The Dodgers traded for Glasnow and signed him to a rich contract extension for that reason, believing Glasnow was entering a new phase in his career in which good health would allow him to fully embrace the ace-like tendencies they saw in his past.

In the depleted field of elite starting pitchers, Glasnow is looking like an early Cy Young candidate after taking a one-hit shutout into the seventh inning of a 4-2 victory over the Toronto Blue Jays on Saturday afternoon at Rogers Centre.

Glasnow did leave the mound in the seventh inning accompanied by a trainer, but the Dodgers said the move was due to cramping.

Through seven starts with the Dodgers, Glasnow is 5-1 with a 2.72 ERA, 53 strikeouts and just 29 hits allowed in 43 innings.

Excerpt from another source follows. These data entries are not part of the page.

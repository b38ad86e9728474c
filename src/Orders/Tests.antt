-- ===== src/Orders/Tests.antt =====
-- Runs of the outbox code (apps/orders/outbox.py, apps/orders/publisher_worker.py) at concrete
-- rows, and the theorems applied at them.
use swarmscope.Base.{
  ℕ, ◌+◌, ◌*◌, ◌^◌, ◌≡◌, refl, Bool, true, false, none, some, List, [], ◌∷◌, null, arith, find_row,
  ok, commits, In, inl, update_where, ◌<◌, some_inj, ◌≢◌, ◌↔◌, ◌≤◌, ◌⊎◌, min,
}
use swarmscope.Orders.Models.{OutboxEvent, outbox_accepts, IsAdmitted}
use swarmscope.Orders.Backoff.{
  backoff_delay, second, default_base_backoff, default_max_backoff, default_lease_duration,
}
use swarmscope.Orders.Backoff.Bounds.{
  doubled, backoff_delay-doubled, backoff_delay_mono, backoff_delay_stalls,
}
use swarmscope.Runtime.{is_set}
use swarmscope.Orders.Outbox.Calls.{IsWellFormed, run_once-IsWellFormed}
use swarmscope.Orders.PublisherWorker.{
  LoopConfig, Round, LoopState, no_stats, returned, unfinished, default_idle_sleep,
  default_error_backoff, run_publisher_loop,
}
use swarmscope.Orders.PublisherWorker.Loop.{total, Accounts, loop_survives, loop_returns}
use swarmscope.Orders.Outbox.Database.{scanning, first_least}
use swarmscope.Orders.Outbox.{
  OutboxPublisher, Tx, Turn, World, ClaimedEvent, delivered, refused, interrupted, outbound_of,
  Delivery, mark_published, outcome_idle, outcome_failed, outcome_published, claim_next_event,
  run_once, due_event_statement,
}
use swarmscope.Orders.Outbox.Changes.{event_key}
use swarmscope.Orders.Outbox.Workers.{
  System, Step, claim, deliver, settle_published, crash, place, Reach, here, next, fresh, enter,
  claimed, sent, resting, phase_after_claim,
}
use swarmscope.Orders.Outbox.RunOnce.{Claims, run_once_publishes, run_once_retries}
use swarmscope.Orders.Outbox.Due.{IsDue}
use swarmscope.Orders.Outbox.Recovery.{Claimable, run_once-idle_iff, interrupted_recovers}
use swarmscope.Orders.Outbox.Workers.Soundness.{Reach-IsSound, fresh-IsSound}
use swarmscope.Orders.Outbox.Workers.Exclusion.{ReadsTime, lease_excludes, published_is_final}
use swarmscope.Orders.Outbox.Workers.Promises.{marked_was_accepted, accepted_was_placed}

-- attempts 1, 2, 9 and 10 of the defaults: one second, two, four minutes and a bit, five minutes
backoff_defaults :
    (backoff_delay 1 default_base_backoff default_max_backoff ≡ ok (1 * second))
    × (backoff_delay 2 default_base_backoff default_max_backoff ≡ ok (2 * second))
    × (backoff_delay 9 default_base_backoff default_max_backoff ≡ ok (256 * second))
    × (backoff_delay 10 default_base_backoff default_max_backoff ≡ ok (300 * second))
unfolding backoff_delay
backoff_defaults = (refl, refl, refl, refl)

backoff_delay-doubled_example :
    backoff_delay 4 default_base_backoff default_max_backoff
    ≡ ok (doubled default_base_backoff default_max_backoff 3)
backoff_delay-doubled_example =
    backoff_delay-doubled 3 default_base_backoff default_max_backoff (omega arith) (omega arith)

abbrev event : OutboxEvent
event = record {
  event_id = 7;
  order_id = 1;
  event_type = 79 ∷ [];
  event_version = 1;
  occurred_at = 90;
  correlation_id = 5;
  payload = null;
  published_at = none;
  publish_attempts = 0;
  next_attempt_at = 100;
  lease_owner = none;
  lease_expires_at = none;
  last_attempt_at = none;
  last_publish_error = none;
}

abbrev worker : OutboxPublisher
worker = record {
  owner = 3;
  lease_duration = default_lease_duration;
  base_backoff = default_base_backoff;
  max_backoff = default_max_backoff;
}

abbrev at_time : ℕ → Tx
at_time now = record { clock = some now; ending = commits }

abbrev unlocked : ℕ → Bool
unlocked _ = false

abbrev claim_of : ClaimedEvent
claim_of = record { event_id = 7; outbound = outbound_of event; attempts = 1 }

abbrev placed : System
placed = record fresh { outbox = event ∷ [] }

abbrev taken : System
taken = record placed {
  outbox = (claim_next_event scanning worker (at_time 200) unlocked placed.outbox).1;
  phase = enter 3 (claimed claim_of) placed.phase;
}

placed-Reach : Reach scanning fresh placed
unfolding outbox_accepts
placed-Reach = next worker here (place event refl refl refl)

taken-Reach : Reach scanning fresh taken
unfolding claim_next_event first_least
taken-Reach = next worker placed-Reach (claim (at_time 200) unlocked refl)

abbrev handed : System
handed = record taken {
  broker = outbound_of event ∷ [];
  phase = enter 3 (sent claim_of) taken.phase;
}

abbrev done : System
done = record handed {
  outbox = (mark_published worker (at_time 300) claim_of handed.outbox).1;
  phase = enter 3 resting handed.phase;
}

handed-Reach : Reach scanning fresh handed
handed-Reach = next worker taken-Reach (deliver claim_of delivered refl)

done-Reach : Reach scanning fresh done
done-Reach = next worker handed-Reach (settle_published claim_of (at_time 300) refl)

-- the row after its claim, and after its settlement
abbrev leased_event : OutboxEvent
leased_event = record event {
  publish_attempts = 1;
  lease_owner = some 3;
  lease_expires_at = some 30000200;
  last_attempt_at = some 200;
}

abbrev settled_event : OutboxEvent
settled_event = record event {
  published_at = some 300;
  publish_attempts = 1;
  last_attempt_at = some 200;
}

found_taken : find_row event_key 7 taken.outbox ≡ some leased_event
unfolding claim_next_event first_least find_row update_where
found_taken = refl

found_done : find_row event_key 7 done.outbox ≡ some settled_event
unfolding claim_next_event first_least find_row update_where mark_published
found_done = refl

marked_was_accepted_example : In (outbound_of settled_event) done.broker
marked_was_accepted_example = marked_was_accepted 7 300 settled_event done-Reach found_done refl

accepted_was_placed_example :
    (r : OutboxEvent) × (find_row event_key 7 done.outbox ≡ some r)
    × (outbound_of r ≡ outbound_of event)
    × IsAdmitted r
accepted_was_placed_example = accepted_was_placed (outbound_of event) done-Reach (inl refl)

abbrev rival : OutboxPublisher
rival = record worker { owner = 4 }

abbrev rival_claim : Step scanning rival taken (record taken {
  outbox = (claim_next_event scanning rival (at_time 400) unlocked taken.outbox).1;
  phase =
      enter 4
        (phase_after_claim (claim_next_event scanning rival (at_time 400) unlocked taken.outbox).0)
        taken.phase;
})
rival_claim = claim (at_time 400) unlocked refl

rival_is_early : (now : ℕ) → ReadsTime rival_claim now → now < 30000200
rival_is_early now e = omega (arith, some_inj e)

lease_excludes_example :
    find_row event_key 7 (claim_next_event scanning rival (at_time 400) unlocked taken.outbox).1
    ≡ some leased_event
lease_excludes_example =
    lease_excludes 7 3 30000200 leased_event rival_claim (Reach-IsSound fresh-IsSound taken-Reach)
      found_taken refl refl (omega arith) rival_is_early

published_is_final_example :
    find_row event_key 7 (record done { phase = enter 4 resting done.phase }).outbox
    ≡ some settled_event
published_is_final_example =
    published_is_final {engine = scanning} 7 300 settled_event
      (Reach-IsSound fresh-IsSound done-Reach) (next rival here crash) found_done refl

abbrev turn_of : Delivery → Turn
turn_of d = record {
  claim_tx = at_time 200;
  locked = unlocked;
  delivery = d;
  settle_tx = at_time 300;
}

abbrev world : World
world = record { outbox = event ∷ []; broker = [] }

event-Claims : (d : Delivery) → Claims scanning worker (turn_of d) world.outbox 200 event
unfolding first_least due_event_statement
event-Claims d = record { clock = refl; ending = refl; picked = refl; early = refl; room = refl }

run_once_publishes_example :
    let (result, after) = run_once scanning worker (turn_of delivered) world in
    (result ≡ ok (outcome_published claim_of))
    × (after.broker ≡ outbound_of event ∷ [])
    × (find_row event_key 7 after.outbox ≡ some settled_event)
    × ((k : ℕ) → k ≢ 7 → find_row event_key k after.outbox ≡ find_row event_key k world.outbox)
run_once_publishes_example =
    run_once_publishes scanning worker (turn_of delivered) world (refl, tt) (event-Claims delivered)
      refl (refl, refl)

abbrev retried_event : OutboxEvent
retried_event = record event {
  publish_attempts = 1;
  next_attempt_at = 1000300;
  last_attempt_at = some 200;
  last_publish_error = some (33 ∷ []);
}

abbrev refusal : Delivery
refusal = refused (33 ∷ []) true

run_once_retries_example :
    let (result, after) = run_once scanning worker (turn_of refusal) world in
    (result ≡ ok (outcome_failed claim_of (33 ∷ [])))
    × (find_row event_key 7 after.outbox ≡ some retried_event)
    × ((k : ℕ) → k ≢ 7 → find_row event_key k after.outbox ≡ find_row event_key k world.outbox)
unfolding backoff_delay
run_once_retries_example =
    run_once_retries scanning worker (turn_of refusal) world (refl, tt) (event-Claims refusal) refl
      refl (omega arith) refl (refl, refl)

interrupted_recovers_example :
    let rows = (run_once scanning worker (turn_of (interrupted true)) world).1.outbox in
    (r : OutboxEvent) × (find_row event_key 7 rows ≡ some r)
    × (outbound_of r ≡ outbound_of event)
    × (r.publish_attempts ≡ 1)
    × ((IsDue 30000200 unlocked r
          × Claimable scanning rival (at_time 30000200) unlocked 30000200 rows r)
        ↔ ((30000200 ≤ 30000200) × (false ≡ false)))
interrupted_recovers_example =
    interrupted_recovers scanning worker (turn_of (interrupted true)) world (refl, tt)
      (event-Claims (interrupted true)) refl rival (at_time 30000200) unlocked (omega arith) refl
      refl

-- at time 50 the row is not yet due
abbrev early_turn : Turn
early_turn = record (turn_of delivered) { claim_tx = at_time 50 }

run_once-idle_iff_example :
    ((run_once scanning worker early_turn world).0 ≡ ok outcome_idle
      → ((e : OutboxEvent) → In e world.outbox → ¬ IsDue 50 unlocked e))
    × (((e : OutboxEvent) → In e world.outbox → ¬ IsDue 50 unlocked e)
        → run_once scanning worker early_turn world ≡ (ok outcome_idle, world))
run_once-idle_iff_example = run_once-idle_iff scanning worker early_turn world refl refl

world-IsWellFormed : IsWellFormed world.outbox
unfolding outbox_accepts
world-IsWellFormed = record { keyed = (refl, tt); admitted = (refl, tt) }

run_once-IsWellFormed_example :
    IsWellFormed (run_once scanning worker (turn_of refusal) world).1.outbox
run_once-IsWellFormed_example =
    run_once-IsWellFormed scanning worker (turn_of refusal) world world-IsWellFormed

backoff_delay_mono_example : (min 5 7 ≤ 5) × (5 ≤ 7) × (7 ≤ 7)
unfolding backoff_delay
backoff_delay_mono_example = backoff_delay_mono 1 3 5 7 (omega arith) refl refl

backoff_delay_stalls_example : (1 * 2 ^ 16 ≡ 1 * 2 ^ 16) × (1 * 2 ^ 16 < 100000)
unfolding backoff_delay
backoff_delay_stalls_example = backoff_delay_stalls 40 1 100000 (omega arith) (omega arith) refl

-- The loop: a publication, then an idle round that the shutdown request at 1000 cuts short.
abbrev config : LoopConfig
config = record {
  shutdown = some 1000;
  idle_sleep = default_idle_sleep;
  error_backoff = default_error_backoff;
}

abbrev rounds : List Round
rounds =
    record { turn = turn_of delivered; takes = 600 }
    ∷ record { turn = turn_of delivered; takes = 600 }
    ∷ []

abbrev start : LoopState
start = record { stats = no_stats; world = world; time = 0 }

loop_survives_example :
    (s' : LoopState) × (((run_publisher_loop scanning worker config rounds start ≡ returned s')
        × (is_set config.shutdown s'.time ≡ true))
      ⊎ ((run_publisher_loop scanning worker config rounds start ≡ unfinished s')
          × (total s'.stats ≡ 0 + 2)
          × (is_set config.shutdown s'.time ≡ false)))
    × Accounts 2 start s'
loop_survives_example = loop_survives scanning worker config rounds start (refl, (refl, tt))

abbrev short_config : LoopConfig
short_config = record config { shutdown = some 1 }

loop_returns_example :
    (s' : LoopState) × (run_publisher_loop scanning worker short_config rounds start ≡ returned s')
    × (1 ≤ s'.time)
    × (s'.time ≤ 1 + 600)
loop_returns_example =
    loop_returns scanning worker short_config 1 600 rounds start refl
      ((refl, omega arith, omega arith), ((refl, omega arith, omega arith), tt)) (omega arith)
      (omega arith)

He finished the day leading the majors in innings and strikeouts.

His efforts Saturday helped secure the Dodgers’ sixth consecutive win – five in a row to start this nine-game road trip. The Dodgers have outscored the New York Mets, Washington Nationals and Blue Jays 43-8 during the streak.

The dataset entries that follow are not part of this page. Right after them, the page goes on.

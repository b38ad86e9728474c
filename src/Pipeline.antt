-- ===== src/Pipeline.antt =====
-- The whole path of an order: `place_order` (apps/orders/service.py) writes its event, the
-- publisher sends it as a message (apps/orders/servicebus.py), and the consumer settles the
-- delivery (apps/fulfilment/consumer.py, apps/fulfilment/service.py).
pub mod Delivered
mod Tests
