-- ===== src/Pipeline/Delivered.antt =====
-- The delivery of a placed order's event, from the message (apps/orders/servicebus.py) to the
-- consumer's tables (apps/fulfilment/consumer.py).
use swarmscope.Base.{
  ℕ, ◌≡◌, refl, some, true, false, Option, List, ◌∷◌, Text, ok, commits, arith, has_key,
}
use swarmscope.Contracts.Parse.{Pydantic, model_validate_json}
use swarmscope.Contracts.Valid.{IsEvent}
use swarmscope.Orders.Models.{Order, order_accepts}
use swarmscope.Orders.Schemas.{CreateOrder}
use swarmscope.Orders.Service.Rows.{IsValidated, event_of, order_row, event_row}
use swarmscope.Orders.Outbox.{outbound_of}
use swarmscope.Orders.ServiceBus.{Printer, to_service_bus_message}
use swarmscope.Orders.ServiceBus.RoundTrip.{ReadsBack, model_validate_json-body}
use swarmscope.Fulfilment.Models.{Fulfilment, fulfilment_key}
use swarmscope.Fulfilment.Service.Once.{IsNew, with_rows}
use swarmscope.Fulfilment.Service.Writes.{IsHeld, fulfil_order_new}
use swarmscope.Fulfilment.Consumer.{
  completed, Delivery, Consumer, read_body, tell, settle_message, settle_read, settle_parsed,
  settle_handled,
}
use swarmscope.Orders.Service as Place
use swarmscope.Fulfilment.Service.{processed_row}
use swarmscope.Fulfilment.Service as Fulfil

-- the fulfilment of an order
abbrev pub fulfilment_of : Fulfil.Call → Order → Fulfilment
fulfilment_of call order = record {
  id = call.fulfilment_id;
  order_id = order.id;
  customer_id = order.customer_id;
  sku = order.sku;
  quantity = order.quantity;
  correlation_id = order.correlation_id;
  created_at = call.database_now;
}

-- the body of the message that the publisher sends for a request
abbrev pub sent_body : Printer → Place.Call → CreateOrder → ℕ → Text
sent_body printer call request correlation_id =
    (to_service_bus_message printer (outbound_of (event_row call request correlation_id))).body

-- The payload of a validated request is valid.
event_of-IsEvent :
    (call : Place.Call) (request : CreateOrder) (correlation_id : ℕ)
    → IsValidated call.is_space request
    → IsEvent call.is_space (event_of call request correlation_id)
event_of-IsEvent call request correlation_id v = record {
  literal_type = refl;
  literal_version = refl;
  payload = record { customer = v.customer; sku = v.sku; positive = v.positive };
}

-- The consumer's columns hold what the orders' columns held.
event_of-IsHeld :
    (place : Place.Call) (request : CreateOrder) (correlation_id : ℕ) (d : Delivery) (c : Consumer)
    → IsValidated place.is_space request
    → order_accepts (order_row place request correlation_id) ≡ true
    → has_key fulfilment_key d.call.fulfilment_id c.tables.fulfilments ≡ false
    → IsHeld d.call (event_of place request correlation_id) c.tables
unfolding order_accepts
event_of-IsHeld place request correlation_id d c v admits fresh = record {
  short = refl;
  fits = ground (arith, admits);
  positive = v.positive;
  fresh = fresh;
}

module _ (p : Pydantic) (printer : Printer) (back : ReadsBack p printer) where
  -- What the consumer validates of the sent body is the order's event.
  sent_body_lem :
      (place : Place.Call) (request : CreateOrder) (correlation_id : ℕ)
      → place.is_space ≡ p.is_space
      → place.uuid_text ≡ printer.uuid_text
      → IsValidated place.is_space request
      → model_validate_json p (sent_body printer place request correlation_id)
        ≡ some (event_of place request correlation_id)
  sent_body_lem place request correlation_id spaces texts v = rw texts (
      model_validate_json-body p printer back (event_of place request correlation_id)
        (rw (← spaces) (event_of-IsEvent place request correlation_id v)))

  -- When the body that was sent for a validated request is delivered, its event and order are
  -- new to the consumer, the orders' table admits the order's row, the fulfilment's id is new, the
  -- transaction commits and the receiver's call returns, then the delivery is completed, and
  -- exactly the event's record and a fulfilment with the order's contents are added.
  pub placed_order_is_fulfilled :
      (decode : List ℕ → Option Text) (place : Place.Call) (request : CreateOrder)
      (correlation_id : ℕ) (d : Delivery) (c : Consumer)
      → place.is_space ≡ p.is_space
      → place.uuid_text ≡ printer.uuid_text
      → IsValidated place.is_space request
      → order_accepts (order_row place request correlation_id) ≡ true
      → read_body decode (model_validate_json p) d.body
        ≡ ok (sent_body printer place request correlation_id)
      → IsNew (event_of place request correlation_id) c.tables
      → has_key fulfilment_key d.call.fulfilment_id c.tables.fulfilments ≡ false
      → d.call.ending ≡ commits
      → d.receiver_returns ≡ true
      → settle_message decode (model_validate_json p) d c ≡ (
        ok completed,
        record {
          tables =
              with_rows
                (processed_row d.call (event_of place request correlation_id))
                (fulfilment_of d.call (order_row place request correlation_id))
                c.tables;
          told = (completed, d.body) ∷ c.told;
        },
      )
  unfolding settle_message settle_read settle_parsed settle_handled tell
  placed_order_is_fulfilled decode place request correlation_id d c spaces texts v small reads new
        fresh ends returns =
      rw
        (
          reads,
          sent_body_lem place request correlation_id spaces texts v,
          fulfil_order_new d.call (event_of place request correlation_id) c.tables new
              (event_of-IsHeld place request correlation_id d c v small fresh) ends,
          returns,
        )
        refl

Glasnow navigated some trouble in the second inning when a walk and a catcher’s interference call put two runners on with two outs. But he didn’t give up his first hit of the game until the third inning when Vladimir Guerrero Jr. ripped a two-out double to center field. Nothing came of that or a two-out walk in the fourth inning.

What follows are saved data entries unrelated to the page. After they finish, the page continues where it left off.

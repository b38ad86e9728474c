-- ===== src/Pipeline/Tests.antt =====
-- One concrete order from its request to its fulfilment.
use swarmscope.Base.{
  ℕ, ◌≡◌, refl, true, Option, some, List, [], ◌∷◌, Text, arith, ok, commits, codes,
}
use swarmscope.Contracts.{bounded_text, strip}
use swarmscope.Contracts.Parse.{model_validate_json}
use swarmscope.Orders.Schemas.{CreateOrder}
use swarmscope.Orders.Service as Place
use swarmscope.Orders.Service.Rows.{IsValidated, event_of, order_row}
use swarmscope.Orders.ServiceBus.Wire.{reader, printer, printer-ReadsBack}
use swarmscope.Fulfilment.Service.{processed_row}
use swarmscope.Fulfilment.Service.Once.{with_rows}
use swarmscope.Fulfilment.Consumer.{
  completed, Delivery, Consumer, string, read_body, settle_message,
}
use swarmscope.Orders.Models.{order_accepts}
use swarmscope.Pipeline.Delivered.{fulfilment_of, sent_body, placed_order_is_fulfilled}

abbrev place : Place.Call
place = record {
  order_id = 1;
  event_id = 7;
  database_now = 100;
  utc_now = 90;
  ending = commits;
  is_space = reader.is_space;
  uuid_text = printer.uuid_text;
}

abbrev request : CreateOrder
request = record { customer_id = codes "ada"; sku = codes "pen"; quantity = 2 }

request-IsValidated : IsValidated reader.is_space request
unfolding bounded_text strip reader
request-IsValidated = record { customer = refl; sku = refl; positive = omega arith }

request-fits : order_accepts (order_row place request 5) ≡ true
unfolding order_accepts
request-fits = refl

abbrev as_text : List ℕ → Option Text
as_text b = some b

abbrev delivery : Delivery
delivery = record {
  body = string (sent_body printer place request 5);
  call = record {
    fulfilment_id = 30;
    database_now = 200;
    ending = commits;
    processed_first = true;
  };
  receiver_returns = true;
  receiver_reaches = true;
}

abbrev consumer : Consumer
consumer = record { tables = record { processed = []; fulfilments = [] }; told = [] }

delivered :
    read_body as_text (model_validate_json reader) delivery.body
    ≡ ok (sent_body printer place request 5)
unfolding read_body
delivered = refl

placed_order_is_fulfilled_example :
    settle_message as_text (model_validate_json reader) delivery consumer ≡ (
      ok completed,
      record {
        tables =
            with_rows
              (processed_row delivery.call (event_of place request 5))
              (fulfilment_of delivery.call (order_row place request 5))
              consumer.tables;
        told = (completed, delivery.body) ∷ [];
      },
    )
placed_order_is_fulfilled_example =
    placed_order_is_fulfilled reader printer printer-ReadsBack as_text place request 5 delivery
      consumer refl refl request-IsValidated request-fits delivered (refl, refl) refl refl refl
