-- ===== src/Classification.antt =====
-- aethereal/backup/classification.py: what a source file is, before anything is copied.
use pi_mobile_photobackup.Prelude.{
  Text, ◌≡◌, Bool, false, not, Option, none, some, arith, if◌then◌else◌,
}
use pi_mobile_photobackup.Identity.{ContentIdentity, identity_eq}

pub data FileClassification : Type 0 where
  new already_backed_up potential_conflict unsupported unreadable : FileClassification

pub record ClassificationInput : Type 0 where
  pub relative_path : Text
  pub identity : Option ContentIdentity
  pub is_unreadable : Bool
  pub is_unsupported : Bool

-- The destination path already holds other content.
unfoldable pub occupied_by_other :
    Option (Text → Option ContentIdentity) → Text → ContentIdentity → Bool
occupied_by_other none path identity = false
occupied_by_other (some occupant) path identity = elim (occupant path) [
  | none ↦ false
  | some occupying ↦ not (identity_eq occupying identity)
]

classify_readable :
    (ContentIdentity → Bool)
    → Option (Text → Option ContentIdentity)
    → Text
    → Option ContentIdentity
    → FileClassification
unfolding occupied_by_other
classify_readable verified occupant path none = unreadable
classify_readable verified occupant path (some identity) =
    if occupied_by_other occupant path identity
    then potential_conflict
    else if verified identity
    then already_backed_up
    else new

unfoldable pub classify :
    (ContentIdentity → Bool)
    → Option (Text → Option ContentIdentity)
    → ClassificationInput
    → FileClassification
unfolding classify_readable
classify verified occupant item =
    if item.is_unsupported
    then unsupported
    else if item.is_unreadable
    then unreadable
    else classify_readable verified occupant item.relative_path item.identity

-- A file that is classified as new was read, its path is not held by other content, and no
-- verified object has its identity.
pub classify-new :
    (verified : ContentIdentity → Bool) (occupant : Option (Text → Option ContentIdentity))
    (item : ClassificationInput)
    → classify verified occupant item ≡ new
    → (identity : ContentIdentity) × (item.identity ≡ some identity)
      × (verified identity ≡ false)
      × (occupied_by_other occupant item.relative_path identity ≡ false)
unfolding classify
classify-new verified occupant item h = ground arith
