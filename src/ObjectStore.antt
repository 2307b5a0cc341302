-- ===== src/ObjectStore.antt =====
-- aethereal/backup/object_store.py: where a content object and its partial copy live. A `Path`
-- is its text; roots are taken without a trailing slash, as `Path` prints them.
pub mod Paths
use pi_mobile_photobackup.Prelude.{
  ℕ, ◌+◌, ◌<◌, Text, codes, Option, none, some, List, ◌++◌, length, take, drop, ltb, if◌then◌else◌,
}

abbrev pub default_partial_suffix : Text
default_partial_suffix = codes ".aethereal-partial"

-- `aa/bb/<sha256>`, for a digest of four characters or more (`none`: the `ValueError`).
unfoldable pub object_relative_path : Text → Option Text
object_relative_path sha256 =
    if ltb (length sha256) 4
    then none
    else some (take 2 sha256 ++ codes "/" ++ take 2 (drop 2 sha256) ++ codes "/" ++ sha256)

-- `Path(root) / relative`
abbrev join : Text → Option Text → Option Text
join root none = none
join root (some relative) = some (root ++ (codes "/" ++ relative))

unfoldable pub object_path : Text → Text → Option Text
unfolding object_relative_path
object_path object_store_root sha256 = join object_store_root (object_relative_path sha256)

-- `with_name` replaces the last component, which is the digest.
abbrev with_suffix : Text → Option Text → Option Text
with_suffix suffix none = none
with_suffix suffix (some path) = some (path ++ suffix)

unfoldable pub partial_path : Text → Text → Option Text
unfolding object_path
partial_path object_store_root sha256 =
    with_suffix default_partial_suffix (object_path object_store_root sha256)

Glasnow retired the next seven batters in order after that walk, but walked Danny Jansen to start the seventh inning and gave up an RBI double to Davis Schneider on his 95th pitch of the game. Dave Roberts and a Dodgers trainer went to the mound to check on Glasnow after that and the right-hander came out of the game in favor of Joe Kelly, who had already been warming up.

Glasnow was pitching with a lead from the moment he took the mound. Mookie Betts led off the game with a triple, the first of his three hits in the game, racing around to third when Blue Jays center fielder Daulton Varsho made an ill-advised diving attempt to catch his line drive. Freddie Freeman drove Betts in with a sacrifice fly.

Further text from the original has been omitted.